June 2, 2017

More Stone Creatures

        The griffin just above in the heading of this blog is based on a stone carving on one of the buildings on the Yale University campus.  I posted last week’s stone carved creatures because I knew I’d be heading to Yale for my reunion, and had Yale’s wonderful architecture on my mind.  While there I made a point of taking pictures of some of the marvelous fantastical animals I spotted.
        I do have to apologize for bad photos - distance, poor light, and phone camera don’t help, and many architectural carvings are not very accessible.  Still, I hope you can get an idea of the whimsy and creativity the anonymous stone carvers put into their work.  I say anonymous - presumably their names do exist somewhere, on payroll records deep in the college archives, as most of these carvings date from the nineteen-thirties, not the medieval era!  But I could not readily find any information about the artists.
        So, first of all I have two views of my favorite little griffin, from the back gate of Calhoun/Hopper residential college.  I love its scaly tail and feather-circled eyes like daisies.  It looks so sweet!  From Davenport, another residential college, I give you an indeterminate monster with a frog mouth, leonine haunches, and intense eyes - definitely not sweet.  From Trumbull College comes a sort of King-Kong-wannabe: something giant and monkey-like apparently climbing a steeple.  Although the other monkeys down below seem to be pantomiming that they think this guy is crazy, it seems perfectly pleased with itself.

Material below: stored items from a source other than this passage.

-- ===== src/Node/Ingest.antt =====
-- core/src/node.rs: the receive loop of `step`, in terms of the outcomes of its frames.
use fieldbus_control_node.Prelude.{
  ℕ, zero, suc, ◌≡◌, refl, sym, ap, ◌∙◌, arith, ◌+◌, u8, if◌then◌else◌, Option, none, some, List,
  [], ◌∷◌, Result, ok, err, Result-cases, inl, inr,
}
use fieldbus_control_node.J1939.Payload.{Frame, Payload, command_frame, status_ok, status_safe}
use fieldbus_control_node.J1939.Validator.{Reject, classify, record_outcome, validate, validate_all}
use fieldbus_control_node.J1939.Validator.Accounting.{outcomes, accepted_in}
use fieldbus_control_node.Watchdog.{Watchdog, SafeState, feed, check}
use fieldbus_control_node.Watchdog.Latch.{check-keeps}
use fieldbus_control_node.Control.Float.{Float32}
use fieldbus_control_node.Node.{
  ControlNode, StepOutput, take_outcome, ingest, actuate, step, is_some,
}

pub feed-feed : (w : Watchdog) (t : ℕ) → feed (feed w t) t ≡ feed w t
unfolding feed
feed-feed w t = ground arith

module _ (fl : Float32) where
  open fl use {F, of_i16, to_i16}

  -- The value of the last accepted frame, if there is one.
  abbrev pub last_accepted : Option F → List (Result Payload Reject) → Option F
  last_accepted fresh [] = fresh
  last_accepted fresh (ok p ∷ os) = last_accepted (some (of_i16 p.value)) os
  last_accepted fresh (err r ∷ os) = last_accepted fresh os

  -- Fed once at the period's time when a frame was accepted, and otherwise left alone.
  abbrev pub fed : Watchdog → ℕ → ℕ → Watchdog
  fed w now_us zero = w
  fed w now_us (suc accepted) = feed w now_us

  fed-feed : (w : Watchdog) (t k : ℕ) → fed (feed w t) t k ≡ feed w t
  fed-feed w t zero = refl
  fed-feed w t (suc k) = feed-feed w t

  -- One period's receive loop: the validator sees every frame, in order; the watchdog is fed
  -- exactly when at least one was accepted; the fresh value is that of the last accepted one; and
  -- nothing else of the node changes.
  pub ingest_lem :
      (n : ControlNode fl) (fresh : Option F) (now : ℕ) (fs : List Frame)
      → let os = outcomes n.validator fs in
        ingest fl n fresh now fs ≡ (
          record n {
            validator = validate_all n.validator fs;
            watchdog = fed n.watchdog now (accepted_in os);
          },
          last_accepted fresh os,
        )
  unfolding ingest validate_all validate take_outcome
  ingest_lem n fresh now [] = refl
  ingest_lem n fresh now (f ∷ fs) = elim (Result-cases (classify n.validator f)) [
    | inl (p, e) ↦
        let n' = record n {
          validator = record_outcome n.validator (ok p);
          watchdog = feed n.watchdog now;
        } in
        let rest = ingest_lem n' (some (of_i16 p.value)) now fs in
        let k = accepted_in (outcomes n'.validator fs) in
        rw e (
          rest
          ∙ ap
              (λ w. (
                record n' { validator = validate_all n'.validator fs; watchdog = w },
                last_accepted (some (of_i16 p.value)) (outcomes n'.validator fs),
              ))
              (fed-feed n.watchdog now k))
    | inr (r, e) ↦
        rw e (ingest_lem (record n { validator = record_outcome n.validator (err r) }) fresh now fs)
  ]

  -- The control law leaves the validator, the watchdog and the sequence number alone.
  pub actuate-keeps :
      (n : ControlNode fl) (fresh : Option F) (s : Option SafeState)
      → let n' = (actuate fl n fresh s).0 in
        (n'.validator ≡ n.validator)
        × (n'.watchdog ≡ n.watchdog)
        × (n'.tx_seq ≡ n.tx_seq)
        × (n'.setpoint ≡ n.setpoint)
  unfolding actuate
  actuate-keeps n fresh none = (refl, refl, refl, refl)
  actuate-keeps n fresh (some s) = (refl, refl, refl, refl)

  -- The watchdog of a period, after the frames and before the check.
  abbrev pub watched : ControlNode fl → ℕ → List Frame → Watchdog
  watched n now fs = fed n.watchdog now (accepted_in (outcomes n.validator fs))

  -- The node that the control law runs on.
  abbrev pub checked : ControlNode fl → ℕ → List Frame → ControlNode fl
  checked n now fs = record n {
    validator = validate_all n.validator fs;
    watchdog = (check (watched n now fs) now).0;
  }

  abbrev pub actuated : ControlNode fl → ℕ → List Frame → ControlNode fl × F
  actuated n now fs =
      actuate fl (checked n now fs) (last_accepted none (outcomes n.validator fs))
        (check (watched n now fs) now).1

  -- A step, with its receive loop replaced by the outcomes of the frames.
  pub step_lem :
      (n : ControlNode fl) (now : ℕ) (fs : List Frame)
      → let a = actuated n now fs in
        let safe = (check (watched n now fs) now).1 in
        step fl n now fs ≡ (
          record a.0 { tx_seq = u8 (a.0.tx_seq + 1) },
          record {
            command_frame = some (
                command_frame a.0.tx_seq
                  (to_i16 a.1)
                  (if is_some safe then status_safe else status_ok));
            actuator = a.1;
            safe_state = safe;
            accepted = a.0.validator.accepted;
            rejected = a.0.validator.rejected;
          },
        )
  unfolding step
  step_lem n now fs = rw (ingest_lem n none now fs) refl

  -- The parts of a step that do not depend on the control law.
  pub record IsStep (n : ControlNode fl) (now : ℕ) (fs : List Frame)
      (r : ControlNode fl × StepOutput fl) : Type 0 where
    pub validator : r.0.validator ≡ validate_all n.validator fs
    pub watchdog : r.0.watchdog ≡ (check (watched n now fs) now).0
    pub safe_state : r.1.safe_state ≡ r.0.watchdog.latched
    pub accepted : r.1.accepted ≡ r.0.validator.accepted
    pub rejected : r.1.rejected ≡ r.0.validator.rejected

  pub step-parts :
      (n : ControlNode fl) (now : ℕ) (fs : List Frame) → IsStep n now fs (step fl n now fs)
  step-parts n now fs =
      let keeps =
        actuate-keeps (checked n now fs) (last_accepted none (outcomes n.validator fs))
          (check (watched n now fs) now).1 in
      rw (step_lem n now fs) (record {
        validator = keeps.0;
        watchdog = keeps.1;
        safe_state = (check-keeps (watched n now fs) now).2 ∙ ap (λ w. w.latched) (sym keeps.1);
        accepted = refl;
        rejected = refl;
      })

        These bird-headed beings can be found on the arches over the entrance to the Law School.  What’s the connection between studying law and being a bird-brain?  Are the students wise as owls, or do they just parrot back their lessons?  I can’t say, but I do know that some artist was having fun.

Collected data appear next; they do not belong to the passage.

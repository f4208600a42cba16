-- ===== src/Demo/Fed.antt =====
-- wasm/src/lib.rs: the cycles in which the node receives the sensor's frame.
use fieldbus_control_node.Prelude.{
  ℕ, ◌+◌, ◌*◌, ◌<◌, ◌≤◌, ◌^◌, ◌≡◌, refl, ap, ◌∙◌, arith, Bool, true, false, none, List, [], ◌∷◌, u8,
  inr, bit_xor, ok, err,
}
use fieldbus_control_node.Prelude.Bits.{bit_xor-ne}
use fieldbus_control_node.J1939.Ident.{priority, pgn_sensor, sa_sensor}
use fieldbus_control_node.J1939.Ident.Roundtrip.{unpack-pack-from_pgn}
use fieldbus_control_node.J1939.Payload.{Frame, Payload, encode, sensor_frame, status_ok}
use fieldbus_control_node.J1939.Payload.Roundtrip.{IsPayload, encode-checked}
use fieldbus_control_node.J1939.Validator.{
  Validator, bad_crc, classify, validate, validate_all, validate_all-cons, record_outcome,
}
use fieldbus_control_node.J1939.Validator.Accounting.{outcomes, accepted_in}
use fieldbus_control_node.J1939.Validator.Sequence.{IsInRange, Expects, reading, expected_accepted}
use fieldbus_control_node.Watchdog.{Watchdog, feed, check}
use fieldbus_control_node.Control.Float.{Float32}
use fieldbus_control_node.Node.{ControlNode, step}
use fieldbus_control_node.Node.Ingest.{fed, step-parts}
use fieldbus_control_node.Demo.{reading_at, demo_frame, corrupt, period_us}

reading_at-IsInRange : (cycle : ℕ) → IsInRange (reading_at cycle)
unfolding reading_at
reading_at-IsInRange cycle = ground arith

-- The demonstration's frame is accepted where its number is the next.
demo_frame-accepted :
    (v : Validator) (cycle : ℕ)
    → Expects v cycle
    → classify v (demo_frame cycle) ≡ ok (reading cycle (reading_at cycle))
unfolding demo_frame
demo_frame-accepted v cycle w =
    expected_accepted v cycle (reading_at cycle) w (reading_at-IsInRange cycle)

-- Its copy with a flipped bit in the checksum is refused for its checksum, in any state.
corrupt-refused :
    (v : Validator) (cycle : ℕ) → classify v (corrupt (demo_frame cycle)) ≡ err bad_crc
unfolding classify sensor_frame demo_frame corrupt
corrupt-refused v cycle =
    let p : Payload = record { seq = u8 cycle; value = reading_at cycle; status = status_ok } in
    let range = reading_at-IsInRange cycle in
    let w : IsPayload p = record {
      seq_fits = omega arith;
      value_fits = omega arith;
      status_fits = omega arith;
    } in
    let id = unpack-pack-from_pgn priority pgn_sensor sa_sensor (omega arith) in
    let codec = encode-checked p w in
    let flipped : bit_xor (encode p).b7 0x01 ≡ (encode p).b7 → ⊥ =
      bit_xor-ne (encode p).b7 0x01 (omega arith) in
    ground (arith, id.0, id.1, codec.0, codec.1, flipped)

-- A validator that counted `accepted` and `rejected` frames and takes number `cycle` next.
pub record Counted (v : Validator) (cycle accepted rejected : ℕ) : Type 0 where
  pub accepts : v.accepted ≡ accepted
  pub rejects : v.rejected ≡ rejected
  pub expects : Expects v cycle

frame-Counted :
    (v : Validator) (cycle accepted rejected : ℕ)
    → accepted + 1 < 2 ^ 32
    → Counted v cycle accepted rejected
    → Counted
        (record_outcome v (ok (reading cycle (reading_at cycle))))
        (cycle + 1)
        (accepted + 1)
        rejected
unfolding record_outcome
frame-Counted v cycle accepted rejected h c = record {
  accepts = omega (arith, c.accepts);
  rejects = c.rejects;
  expects = inr (u8 cycle, refl, omega arith, omega arith);
}

-- The frames of a cycle that is not frozen: the good one and, at the fault, its corrupted copy.
abbrev pub heard : Bool → ℕ → List Frame
heard true cycle = demo_frame cycle ∷ corrupt (demo_frame cycle) ∷ []
heard false cycle = demo_frame cycle ∷ []

abbrev pub faults : Bool → ℕ
faults true = 1
faults false = 0

pub heard-accepted :
    (b : Bool) (v : Validator) (cycle : ℕ)
    → Expects v cycle
    → accepted_in (outcomes v (heard b cycle)) ≡ 1
unfolding validate
heard-accepted true v cycle w =
    let v' = record_outcome v (ok (reading cycle (reading_at cycle))) in
    rw (demo_frame-accepted v cycle w, corrupt-refused v' cycle) refl
heard-accepted false v cycle w = rw (demo_frame-accepted v cycle w) refl

pub heard-Counted :
    (b : Bool) (v : Validator) (cycle accepted rejected : ℕ)
    → accepted + 1 < 2 ^ 32
    → rejected + 1 < 2 ^ 32
    → Counted v cycle accepted rejected
    → Counted (validate_all v (heard b cycle)) (cycle + 1) (accepted + 1) (rejected + faults b)
unfolding record_outcome validate_all
heard-Counted true v cycle accepted rejected h g c =
    let v' = record_outcome v (ok (reading cycle (reading_at cycle))) in
    let k = frame-Counted v cycle accepted rejected h c in
    rw
      (
        validate_all-cons v (demo_frame cycle) _ _ (demo_frame-accepted v cycle c.expects),
        validate_all-cons v' (corrupt (demo_frame cycle)) [] _ (corrupt-refused v' cycle),
      )
      (record { accepts = k.accepts; rejects = omega (arith, k.rejects); expects = k.expects })
heard-Counted false v cycle accepted rejected h g c =
    let k = frame-Counted v cycle accepted rejected h c in
    rw (validate_all-cons v (demo_frame cycle) _ _ (demo_frame-accepted v cycle c.expects))
      (record { accepts = k.accepts; rejects = omega (arith, k.rejects); expects = k.expects })

fed_check :
    (w : Watchdog) (now : ℕ)
    → w.latched ≡ none
    → w.timeout_us ≡ 80000
    → w.last_seen_us ≤ now
    → now + 80000 < 2 ^ 64
    → (check (feed w now) now).0 ≡ record w { last_seen_us = now }
unfolding check feed
fed_check w now l t s h = ground arith

module _ (fl : Float32) where
  -- Before a cycle up to which every cycle's frame arrived: nothing was late.
  pub record IsLive (cycle rejected seen : ℕ) (n : ControlNode fl) : Type 0 where
    pub counted : Counted n.validator cycle cycle rejected
    pub unlatched : n.watchdog.latched ≡ none
    pub budget : n.watchdog.timeout_us ≡ 80000
    pub last_seen : n.watchdog.last_seen_us ≡ seen

  -- A cycle whose frame arrives keeps the node live, and reports no safe state.
  pub step-IsLive :
      (b : Bool) (cycle rejected seen : ℕ) (n : ControlNode fl)
      → cycle < 2001
      → rejected < 2
      → seen ≤ cycle * period_us
      → IsLive cycle rejected seen n
      → let r = step fl n (cycle * period_us) (heard b cycle) in
        IsLive (cycle + 1) (rejected + faults b) (cycle * period_us) r.0 × (r.1.safe_state ≡ none)
  step-IsLive b cycle rejected seen n small few late live =
      let now = cycle * period_us in
      let fs = heard b cycle in
      let p = step-parts fl n now fs in
      let one = heard-accepted b n.validator cycle live.counted.expects in
      let w =
        fed_check n.watchdog now live.unlatched live.budget (omega (arith, live.last_seen))
          (omega arith) in
      let after : (step fl n now fs).0.watchdog ≡ record n.watchdog { last_seen_us = now } =
        p.watchdog ∙ ap (λ k. (check (fed fl n.watchdog now k) now).0) one ∙ w in
      (
        record {
          counted = rw p.validator (
              heard-Counted b n.validator cycle cycle rejected (omega arith) (omega arith)
                live.counted);
          unlatched = rw after live.unlatched;
          budget = rw after live.budget;
          last_seen = rw after refl;
        },
        p.safe_state ∙ rw after live.unlatched,
      )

        I’m especially sorry not to have a better picture of this monster from the Art Gallery.  It was in a dark stairwell and there wasn’t much I could do to adjust my position or the lighting.  At any rate, it appears to be a sort of fish-tailed griffin-ish thing, which is quite delightful.

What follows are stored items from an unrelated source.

-- ===== src/Popularity/Grace.antt =====
-- A post is deleted only after its grace period, and only so many are deleted in a block.
use anarchy.Base.{
  min, ℕ, zero, suc, ◌+◌, ◌-◌, ◌≤◌, ◌<◌, ◌≡◌, ◌≢◌, refl, ◌&&◌, ◌||◌, Bool, true, false, Option,
  none, some, List, [], ◌∷◌, ◌==◌, arith, lookup, Table, contains, length, u32_max, Bool-cases, inl,
  inr, ◌⊎◌,
}
use anarchy.Popularity.{
  Config, State, PostPopularity, collect, candidates, delete_one, delete_all, run_deletion_pass,
}
use anarchy.Popularity.Queue.{IsQueued}

-- An entry stands in a list of entries.
abbrev pub has_entry : (id at : ℕ) → Table ℕ → Bool
has_entry id at [] = false
has_entry id at ((j, b) ∷ es) = (j == id && b == at) || has_entry id at es

module _ {World : Type 0} (config : Config World) where
  -- A post that is collected is the first one, or collected from the rest.
  collect-first :
      (now reads room id j b : ℕ) (cursor : Option ℕ) (es : Table ℕ)
      → contains id (collect config now (suc reads) room cursor ((j, b) ∷ es)).0 ≡ true
      → ((j ≡ id) × (b ≤ now))
        ⊎ ((contains id (collect config now reads (room - 1) (some j) es).0 ≡ true)
            ⊎ (contains id (collect config now reads room (some j) es).0 ≡ true))
  unfolding collect contains
  collect-first now reads room id j b cursor es e = ground arith

  has_entry-later :
      (id j b : ℕ) (es : Table ℕ)
      → (now : ℕ) → (at : ℕ) × (has_entry id at es ≡ true) × (at ≤ now)
      → (at : ℕ) × (has_entry id at ((j, b) ∷ es) ≡ true) × (at ≤ now)
  has_entry-later id j b es now (at, e, h) = (at, ground arith, h)

  -- A post that is collected has an entry that is due.
  collect-due :
      (now reads room id : ℕ) (cursor : Option ℕ) (es : Table ℕ)
      → contains id (collect config now reads room cursor es).0 ≡ true
      → (at : ℕ) × (has_entry id at es ≡ true) × (at ≤ now)
  unfolding collect contains
  collect-due now zero room id cursor es e = cc
  collect-due now (suc reads) room id cursor [] e = cc
  collect-due now (suc reads) room id cursor ((j, b) ∷ es) e =
      elim (collect-first now reads room id j b cursor es e) [
        | inl (same, due) ↦ (b, ground arith, due)
        | inr (inl more) ↦
            has_entry-later id j b es now (collect-due now reads (room - 1) id (some j) es more)
        | inr (inr others) ↦
            has_entry-later id j b es now (collect-due now reads room id (some j) es others)
      ]

  collect-length :
      (now reads room : ℕ) (cursor : Option ℕ) (es : Table ℕ)
      → 0 < room
      → length (collect config now reads room cursor es).0 ≤ room
  unfolding collect
  collect-length now zero room cursor es h = omega arith
  collect-length now (suc reads) room cursor [] h = omega arith
  collect-length now (suc reads) room cursor ((j, b) ∷ es) h = ground (
    arith,
    collect-length now reads (room - 1) (some j) es,
    collect-length now reads room (some j) es h,
  )

  delete_one-others :
      (x id : ℕ) (s : State World)
      → x ≢ id
      → (delete_one config id s).post_scores x ≡ s.post_scores x
  unfolding delete_one
  delete_one-others x id s h = ground arith

  delete_all-others :
      (x : ℕ) (ids : List ℕ) (s : State World)
      → contains x ids ≡ false
      → (delete_all config ids s).post_scores x ≡ s.post_scores x
  unfolding delete_all contains
  delete_all-others x [] s h = refl
  delete_all-others x (id ∷ ids) s h =
      ground (arith, delete_all-others x ids (delete_one config id s), delete_one-others x id s)

  delete_one-events :
      (id : ℕ) (s : State World) → length (delete_one config id s).events ≤ length s.events + 1
  unfolding delete_one
  delete_one-events id s = ground arith

  delete_all-events :
      (ids : List ℕ) (s : State World)
      → length (delete_all config ids s).events ≤ length s.events + length ids
  unfolding delete_all
  delete_all-events [] s = omega arith
  delete_all-events (id ∷ ids) s =
      omega (arith, delete_all-events ids (delete_one config id s), delete_one-events id s)

  -- In a state where each entry of the queue is that of a marked post, and when the storage
  -- iterates over entries of the queue only, a post that the deletion pass removes was marked,
  -- and its grace period is over.
  pub run_deletion_pass-grace :
      (now id : ℕ) (p : PostPopularity) (s : State World)
      → IsQueued config s
      → ((x at : ℕ)
          → has_entry x at (config.iterate s.deletion_cursor s.deletion_queue) ≡ true
          → lookup x s.deletion_queue ≡ some at)
      → s.post_scores id ≡ some p
      → (run_deletion_pass config now s).post_scores id ≡ none
      → (marked : ℕ) × (p.marked_for_deletion_at ≡ some marked)
        × (min (marked + config.grace_period) u32_max ≤ now)
  unfolding run_deletion_pass candidates
  run_deletion_pass-grace now id p s q entries there gone =
      elim (Bool-cases (contains id (candidates config now s).0)) [
        | inl chosen ↦
            let (at, e, due) =
              collect-due now config.max_deletion_scan_reads config.max_deletions_per_block id
                s.deletion_cursor (config.iterate s.deletion_cursor s.deletion_queue) chosen in
            ground (arith, q.marked id at, entries id at, there, e, due)
        | inr kept ↦ absurd (
            ground (
              arith,
              delete_all-others id (candidates config now s).0
                  (record s { deletion_cursor = (candidates config now s).1 }) kept,
              there,
              gone,
            ))
      ]

  -- The deletion pass of one block deletes at most the limit of posts, each with one event.
  pub run_deletion_pass_limit :
      (now : ℕ) (s : State World)
      → length (run_deletion_pass config now s).events
        ≤ length s.events + config.max_deletions_per_block
  unfolding run_deletion_pass candidates
  run_deletion_pass_limit now s = elim (Bool-cases (config.max_deletions_per_block == 0)) [
    | inl e ↦ rw e (omega arith)
    | inr e ↦ ground (
      arith,
      collect-length now config.max_deletion_scan_reads config.max_deletions_per_block
          s.deletion_cursor (config.iterate s.deletion_cursor s.deletion_queue),
      delete_all-events (candidates config now s).0
          (record s { deletion_cursor = (candidates config now s).1 }),
    )
  ]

        And finally a traditional lamassu, an Assyrian protective diety, often carved guarding entrances.  This one comes from above the entrance to Sterling Library, and can be attributed to the only named artists I could find: designed by Lee Lawrie (USA, 1877-1963) and executed by Rene Paul Chambellan (USA, 1893-1955).  Unlike this post’s other creatures, this was not decorative whimsy, but was part of a carefully planned symbolic array celebrating the scholarly achievements of ancient civilizations around the world.  (The Sterling entrance relief also includes inscriptions of texts representing each writing system, which I think is pretty awesome.)  You can see the Art Deco influence in his very geometric wing feathers, unlike some of the more Gothic-styled carvings.
          I’m sure there are many more mythical creatures at Yale, as there were plenty of buildings I didn’t visit and corners I didn’t inspect, and many of these carvings are tucked away in relatively out-of-the way locations.  But I hope you enjoy these, and appreciate the creativity, humor, and attention to detail that went into this work, as well as the obvious delight in fantasy creatures.

[Pictures: stone carvings from buildings of Yale University, most from the late 1920s and 1930s (All photos by AEGN).]